When David became king after Saul’s death, there came a famine in Israel that lasted for three years, so David inquired of the Lord why it was not ending. Because their prosperity was measured agriculturally, famine was viewed as the removal of God’s hand of blessings upon the nation. David wanted to get to the cause.
God’s answer: While Saul was king, he broke the vow Joshua had made with the Gibeonites when Israel first came into the Promised Land. He had promised to protect them and not slay them as the other heathen nations they were displacing (Joshua 9). Now hundreds of years later, King Saul had them killed, breaking this covenant, and bringing God’s judgment upon Israel.
David called the Gibeonites to ask what he could do to make atonement for Saul’s sin. (We should remember, under the old covenant, the penalty was “blood for blood.”) The Gibeonites did not want Israelites to die, but they did request for seven men of Saul’s seed to be hung in Gibeah, Saul’s hometown. This would not only avenge with blood, but also greatly disgrace the house of Saul, because the law said, “Accursed of God is he who hangs on a tree” (Deut. 21:23).

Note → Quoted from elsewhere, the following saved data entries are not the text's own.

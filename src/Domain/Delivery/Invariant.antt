-- ===== src/Domain/Delivery/Invariant.antt =====
-- What holds of a delivery between two calls: how its attempts are numbered, and what its history
-- may hold.
use quantalithos_bus.Base.{
  ◌+◌, ◌%◌, ◌<◌, ◌≡◌, refl, sym, ap, ◌∙◌, inl, inr, Bool, true, false, not, Option, none, some,
  List, [], ◌∷◌, ◌++◌, arith, Bool-cases, length, length-append, All, All-append, Result, ok, err,
  and_then, if_both,
}
use quantalithos_bus.Base.Text.{text_eq}
use quantalithos_bus.Contracts.Core.{Core}
use quantalithos_bus.Contracts.Status.{DeliveryStatus}
use quantalithos_bus.Contracts.Metadata.{
  DeliveryAttemptId, DeliveryId, FailureReason, SubscriberRef, u32_mod, next_attempt_no, increment,
  BackendCapabilityRef, BackendDeliveryResult,
}
use quantalithos_bus.Domain.Errors.{DomainError}
use quantalithos_bus.Base.Text.Laws.{text_eq_iff}
use quantalithos_bus.Domain.Publication.Semantic.{TransportSemantic}
use quantalithos_bus.Domain.Feedback.{FeedbackResult}
use quantalithos_bus.Domain.Delivery.Attempt.{
  DeliveryAttempt, find_attempt, replace_attempt, finish, start, attempt_id_of,
}
use quantalithos_bus.Domain.Delivery.{
  DeliveryRecord, Method, set_version, sync_attempt, finish_attempt, append_history, start_attempt,
  mark_delivered, mark_failed, reschedule_for_retry, mark_dead_lettered, mark_completed,
  store_attempt, finish_stored, is_some_of, schedule,
}
use quantalithos_bus.Domain.Delivery.History.{DeliveryHistoryEntry, can_transition}
use quantalithos_bus.Domain.Delivery.Steps.{
  Call, sets_version, syncs_attempt, finishes_attempt, appends_history, starts_attempt,
  marks_delivered, marks_failed, reschedules, marks_dead_lettered, marks_completed, step, run,
}
use quantalithos_bus.Domain.Delivery.Sequence.{
  Numbered, last_id, last_id-append, Numbered-append, Numbered-replace, length-replace,
  last_id-replace, find-id, find-delivery,
}

module _ ⦃core : Core⦄ where
  open core use {ActorContext, Timestamp, IdempotencyKey}

  abbrev pub is_dispatched : DeliveryStatus → Bool
  is_dispatched DeliveryStatus.dispatching = true
  is_dispatched DeliveryStatus.delivered = true
  is_dispatched DeliveryStatus.completed = true
  is_dispatched _ = false

  abbrev pub IsLogged : DeliveryId → DeliveryHistoryEntry → Type 0
  IsLogged d e = (e.delivery_id ≡ d) × (can_transition e.from_status e.to_status ≡ true)

  pub record Inv (d : DeliveryRecord) : Type 0 where
    pub numbered : Numbered d.delivery_id 0 d.attempts
    pub counted : d.attempt_count ≡ length d.attempts % u32_mod
    pub latest : d.last_attempt_ref ≡ last_id d.attempts
    pub dispatched : is_dispatched d.status ≡ true → 0 < length d.attempts
    pub logged : All (IsLogged d.delivery_id) d.history

  attempts-Inv :
      (d : DeliveryRecord) (id : DeliveryAttemptId) (b : DeliveryAttempt)
      → b.attempt_id ≡ id
      → b.delivery_id ≡ d.delivery_id
      → Inv d
      → Inv (record d { attempts = replace_attempt id b d.attempts })
  attempts-Inv d id b e f v = record {
    numbered = Numbered-replace d.delivery_id 0 id d.attempts b e f v.numbered;
    counted = v.counted ∙ ap (λ n. n % u32_mod) (sym (length-replace id d.attempts b));
    latest = v.latest ∙ sym (last_id-replace id d.attempts b e);
    dispatched = λ h. rw (length-replace id d.attempts b) (v.dispatched h);
    logged = v.logged;
  }

  status-Inv :
      (d : DeliveryRecord) (s : DeliveryStatus)
      → (is_dispatched s ≡ true → is_dispatched d.status ≡ true)
      → Inv d
      → Inv (record d { status = s })
  status-Inv d s h v = record {
    numbered = v.numbered;
    counted = v.counted;
    latest = v.latest;
    dispatched = λ p. v.dispatched (h p);
    logged = v.logged;
  }

  store_attempt-Inv :
      (d : DeliveryRecord) (a : DeliveryAttempt) (o : Option DeliveryAttempt)
      → a.delivery_id ≡ d.delivery_id
      → Inv d
      → Inv (store_attempt d a o).0
  unfolding store_attempt
  store_attempt-Inv d a none f v = v
  store_attempt-Inv d a (some stored) f v = attempts-Inv d a.attempt_id a refl f v

  sync_attempt-Inv : (d : DeliveryRecord) (a : DeliveryAttempt) → Inv d → Inv (sync_attempt d a).0
  unfolding sync_attempt
  sync_attempt-Inv d a v = elim (Bool-cases (text_eq a.delivery_id d.delivery_id)) [
    | inl e ↦ rw e (
        store_attempt-Inv d a (find_attempt a.attempt_id d.attempts)
          ((text_eq_iff a.delivery_id d.delivery_id).0 e) v)
    | inr e ↦ rw e v
  ]

  finish-ids :
      (a : DeliveryAttempt) (r : BackendDeliveryResult) (t : Timestamp)
      → ((finish a r t).0.attempt_id ≡ a.attempt_id)
        × ((finish a r t).0.delivery_id ≡ a.delivery_id)
  unfolding finish
  finish-ids a r t = ground arith

  finish_stored-Inv :
      (d : DeliveryRecord) (id : DeliveryAttemptId) (r : BackendDeliveryResult) (t : Timestamp)
      (o : Option DeliveryAttempt)
      → find_attempt id d.attempts ≡ o
      → Inv d
      → Inv (finish_stored d id r t o).0
  unfolding finish_stored
  finish_stored-Inv d id r t none f v = v
  finish_stored-Inv d id r t (some a) f v = rw (and_then-state (finish a r t)) (
      attempts-Inv d id (finish a r t).0 ((finish-ids a r t).0 ∙ find-id id d.attempts f)
        ((finish-ids a r t).1 ∙ find-delivery d.delivery_id 0 id d.attempts v.numbered f) v)
    where
      and_then-state :
          (x : DeliveryAttempt × Result DomainError (Unit {0}))
          → (and_then {B = DeliveryAttempt}
              (record d { attempts = replace_attempt id x.0 d.attempts }, x.1)
              (λ self _. (self, ok x.0))).0
            ≡ record d { attempts = replace_attempt id x.0 d.attempts }
      and_then-state (b, ok u) = refl
      and_then-state (b, err e) = refl

  finish_attempt-Inv :
      (d : DeliveryRecord) (id : DeliveryAttemptId) (r : BackendDeliveryResult) (t : Timestamp)
      → Inv d
      → Inv (finish_attempt d id r t).0
  unfolding finish_attempt
  finish_attempt-Inv d id r t v =
      if_both (λ (m : Method DeliveryAttempt). Inv m.0) (not (is_some_of d.last_attempt_ref id)) v
        (finish_stored-Inv d id r t (find_attempt id d.attempts) refl v)

  started-Inv :
      (d : DeliveryRecord) (t : Timestamp)
      → Inv d
      → let a = start d.delivery_id (next_attempt_no d.attempt_count) t in
        Inv (record d {
          attempt_count = increment d.attempt_count;
          last_attempt_ref = some a.attempt_id;
          status = DeliveryStatus.dispatching;
          attempts = d.attempts ++ a ∷ [];
        })
  unfolding start next_attempt_no increment
  started-Inv d t v =
      let a = start d.delivery_id (next_attempt_no d.attempt_count) t in
      let next : (d.attempt_count + 1) % u32_mod ≡ (0 + length d.attempts + 1) % u32_mod =
        rw v.counted (omega arith) in
      record {
        numbered =
            Numbered-append d.delivery_id 0 d.attempts a v.numbered
              (ap (attempt_id_of d.delivery_id) next) refl;
        counted = next ∙ ap (λ n. n % u32_mod) (omega (arith, length-append d.attempts (a ∷ [])));
        latest = sym (last_id-append d.attempts a);
        dispatched = λ _. omega (arith, length-append d.attempts (a ∷ []));
        logged = v.logged;
      }

  start_attempt-Inv :
      (d : DeliveryRecord) (c : BackendCapabilityRef) (t : Timestamp)
      → Inv d
      → Inv (start_attempt d c t).0
  unfolding start_attempt
  start_attempt-Inv d c t v = ground (arith, started-Inv d t v)

  append_history-Inv :
      (d : DeliveryRecord) (e : DeliveryHistoryEntry) → Inv d → Inv (append_history d e).0
  unfolding append_history
  append_history-Inv d e v = ground (
    arith,
    text_eq_iff e.delivery_id d.delivery_id,
    All-append (IsLogged d.delivery_id) d.history (e ∷ []),
  )

  mark_failed-Inv :
      (d : DeliveryRecord) (r : FailureReason) (a : ActorContext)
      → Inv d
      → Inv (mark_failed d r a).0
  unfolding mark_failed
  mark_failed-Inv d r a v = ground arith

  mark_completed-Inv :
      (d : DeliveryRecord) (f : FeedbackResult) (a : ActorContext)
      → Inv d
      → Inv (mark_completed d f a).0
  unfolding mark_completed
  mark_completed-Inv d f a v = ground arith

  mark_delivered-Inv :
      (d : DeliveryRecord) (b : DeliveryAttempt) (a : ActorContext)
      → Inv d
      → Inv (mark_delivered d b a).0
  unfolding mark_delivered
  mark_delivered-Inv d b a v = ground (arith, sync_attempt-Inv d b v)

  -- Every call keeps the invariant, failed calls included.
  pub step-Inv : (d : DeliveryRecord) (c : Call) → Inv d → Inv (step d c).0
  unfolding step set_version
  step-Inv d (sets_version x) v = record {
    numbered = v.numbered;
    counted = v.counted;
    latest = v.latest;
    dispatched = v.dispatched;
    logged = v.logged;
  }
  step-Inv d (syncs_attempt a) v = sync_attempt-Inv d a v
  step-Inv d (finishes_attempt id r t) v = finish_attempt-Inv d id r t v
  step-Inv d (appends_history e) v = append_history-Inv d e v
  step-Inv d (starts_attempt c t) v = start_attempt-Inv d c t v
  step-Inv d (marks_delivered b a) v = mark_delivered-Inv d b a v
  step-Inv d (marks_failed r a) v = mark_failed-Inv d r a v
  step-Inv d (reschedules a) v = unfold reschedule_for_retry in ground arith
  step-Inv d (marks_dead_lettered id a) v = unfold mark_dead_lettered in ground arith
  step-Inv d (marks_completed f a) v = mark_completed-Inv d f a v

  run-Inv : (d : DeliveryRecord) (cs : List Call) → Inv d → Inv (run d cs)
  unfolding run
  run-Inv d [] v = v
  run-Inv d (c ∷ cs) v = run-Inv (step d c).0 cs (step-Inv d c v)

  schedule-Inv :
      (s : TransportSemantic) (r : SubscriberRef) (k : IdempotencyKey) {d : DeliveryRecord}
      → schedule s r k ≡ ok d
      → Inv d
  unfolding schedule
  schedule-Inv s r k h = ground arith

  -- Whatever is called on a scheduled delivery, the invariant holds.
  pub schedule-run-Inv :
      (s : TransportSemantic) (r : SubscriberRef) (k : IdempotencyKey) {d : DeliveryRecord}
      (cs : List Call)
      → schedule s r k ≡ ok d
      → Inv (run d cs)
  schedule-run-Inv s r k {d} cs h = run-Inv d cs (schedule-Inv s r k h)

David complied, but he spared Jonathan’s sons because of the covenant they had made when he was fleeing Saul’s murderous attempts on his life, and Jonathan swore to protect him. David could not break his covenant with Jonathan, or he would bring judgment on his own house. David gave over five of Saul’s grandsons and his two sons by Rizpah to the Gibeonites who hung them on a hill in the early days of the barley harvest (2Samuel 21:1-9).
Then Rizpah went to the hill, took sackcloth and spread it upon a rock, and there she stayed day and night, beating off birds and beasts, preventing them from consuming the bodies of her sons! Throughout the entire harvest, she guarded them, determined to keep vultures from devouring her children! After a time, someone told David what Rizpah was doing, and he ordered them to be taken down and honorably buried with the bones of their father and brother, Saul and Jonathan (vv.10-14).
In Scripture, birds and beasts of prey are symbolic of demons spirits. Today, the spiritual principle for moms and grandmoms (and all parents and grandparents): Go to the hill of prayer and beat away the demons that are trying to devour your children and grandchildren!
Beat off the demons of drugs and alcohol! Chase away the demons of sexual perversion! Beat off the demons of violence and death! Chase away the demons of mental illness and suicide! The prayers of moms and grandmoms come unto the throne of God, who can dispatch angels to chase the vultures off our children. Make your voice heard on high!